## Records shown
■ ■ ■ ■

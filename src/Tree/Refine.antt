-- ===== src/Tree/Refine.antt =====
-- `treeNumFind`, `treeNumAdd` and `treeNumAddOrSet` against a map from 32-bit keys.
use okscada.Prelude.{
  ℕ, ◌^◌, ◌<◌, ◌≡◌, refl, ◌∙◌, inl, inr, true, none, some, length, arith, ◌==◌, if◌then◌else◌,
  Option-cases,
}
use okscada.Tree.{
  Tree, numeric_fence, tree_num_find, tree_num_add, tree_num_add_or_set, num_append, ushort_mod,
  new_tree, tree_alloc, num_probe, num_root,
}
use okscada.Prelude.Int.{negsuc}
use okscada.Tree.Fresh.{fresh-IsSound, fresh-descend}
use okscada.Tree.Map.{add_key}
use okscada.Tree.Set.{find_set-cases}
use okscada.Tree.Numeric.{
  IsNumeric, Updated, num_lookup, sized, sized-IsNumeric, sized-Updated, num_lookup-sized,
  num_append-Updated, find-sized, guard-IsNumeric,
}

append-sized :
    (t : Tree) (m key v : ℕ)
    → IsNumeric t
    → key < 2 ^ 32
    → length t.e_arr < ushort_mod
    → num_lookup t key ≡ none
    → let (u, rc) = num_append true (sized t t.e_lim m) key v in Updated t u key v × (rc ≡ true)
append-sized t m key v w h room z =
    let (x, ok) =
      num_append-Updated (sized t t.e_lim m) key v (sized-IsNumeric t _ m w) h
        (unfold sized in room) (num_lookup-sized t t.e_lim m key ∙ z) in
    (sized-Updated t _ t.e_lim m key v x, ok)

-- On a well-formed numeric tree that has fewer than 65536 slots, with memory to grow it, the insertion
-- of a 32-bit key leaves a well-formed numeric tree. A key that the map had not is added with its value and
-- the result is OK; one that it had leaves the map as it was, and the result is OK just when its value is the one given. Every other 32-bit
-- key keeps what it had.
pub tree_num_add_refines :
    (t : Tree) (key v j : ℕ)
    → IsNumeric t
    → key < 2 ^ 32
    → j < 2 ^ 32
    → length t.e_arr < ushort_mod
    → let (u, rc) = tree_num_add true t key v in
      let (m, ok) = add_key ◌==◌ (num_lookup t) key v (num_lookup t key) in
      IsNumeric u × (num_lookup u j ≡ m j) × (rc ≡ ok)
unfolding tree_num_add add_key
tree_num_add_refines t key v j w h l room =
    let (m, e) = find-sized t key w in
    rw (guard-IsNumeric t w, e)
      (elim (Option-cases (num_lookup t key)) [
        | inl z ↦
            let (x, ok) = append-sized t m key v w h room z in rw z (x.numeric, x.lookups j l, ok)
        | inr (x, z) ↦ rw z (sized-IsNumeric t t.e_lim m w, num_lookup-sized t t.e_lim m j, refl)
      ])

-- On a well-formed numeric tree `treeNumFind` returns what the map holds for the key. The tree stays
-- well-formed, and no key's value is changed by the search.
pub tree_num_find_refines :
    (t : Tree) (key j : ℕ)
    → IsNumeric t
    → let (u, r) = tree_num_find t key in
      IsNumeric u × (r ≡ num_lookup t key) × (num_lookup u j ≡ num_lookup t j)
tree_num_find_refines t key j w =
    let (m, e) = find-sized t key w in
    rw e (sized-IsNumeric t t.e_lim m w, refl, num_lookup-sized t t.e_lim m j)

-- On a well-formed numeric tree that has fewer than 65536 slots, with memory to grow it,
-- `treeNumAddOrSet` of a 32-bit key succeeds. The tree stays well-formed, and the map holds the value for
-- the key and, for each other 32-bit key, what it held before.
pub tree_num_add_or_set_refines :
    (t : Tree) (key v j : ℕ)
    → IsNumeric t
    → key < 2 ^ 32
    → j < 2 ^ 32
    → length t.e_arr < ushort_mod
    → let (u, rc) = tree_num_add_or_set true t key v in
      IsNumeric u × (num_lookup u j ≡ (if j == key then some v else num_lookup t j)) × (rc ≡ true)
unfolding tree_num_add_or_set
tree_num_add_or_set_refines t key v j w h l room = elim (find_set-cases t key v w h) [
  | inl (u, e, x) ↦ rw (guard-IsNumeric t w, e) (x.numeric, x.lookups j l, refl)
  | inr (m, e, z) ↦
      let (x, done) = append-sized t m key v w h room z in
      rw (guard-IsNumeric t w, e) (x.numeric, x.lookups j l, done)
]

pub fresh-IsNumeric : IsNumeric (new_tree numeric_fence)
fresh-IsNumeric = record {
  sound = fresh-IsSound numeric_fence;
  numeric = refl;
  good = refl;
  keys = λ i a b. absurd (omega arith);
}

pub fresh-num_lookup : (j : ℕ) → num_lookup (new_tree numeric_fence) j ≡ none
unfolding num_lookup
fresh-num_lookup j = rw (fresh-descend (num_probe j) numeric_fence (num_root j))

-- `treeAlloc (NUMERIC_TREE)` gives an empty map.
pub tree_alloc-IsNumeric :
    (j : ℕ) → (t : Tree) × (tree_alloc (negsuc 0) ≡ some t) × IsNumeric t × (num_lookup t j ≡ none)
unfolding tree_alloc
tree_alloc-IsNumeric j = (new_tree numeric_fence, refl, fresh-IsNumeric, fresh-num_lookup j)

■ ■ ■ ■

## Assigned task
Counting only lines that hold the string "treeNumAddOrSet", give the number of such lines in the records. Write nothing else.

## Result below
2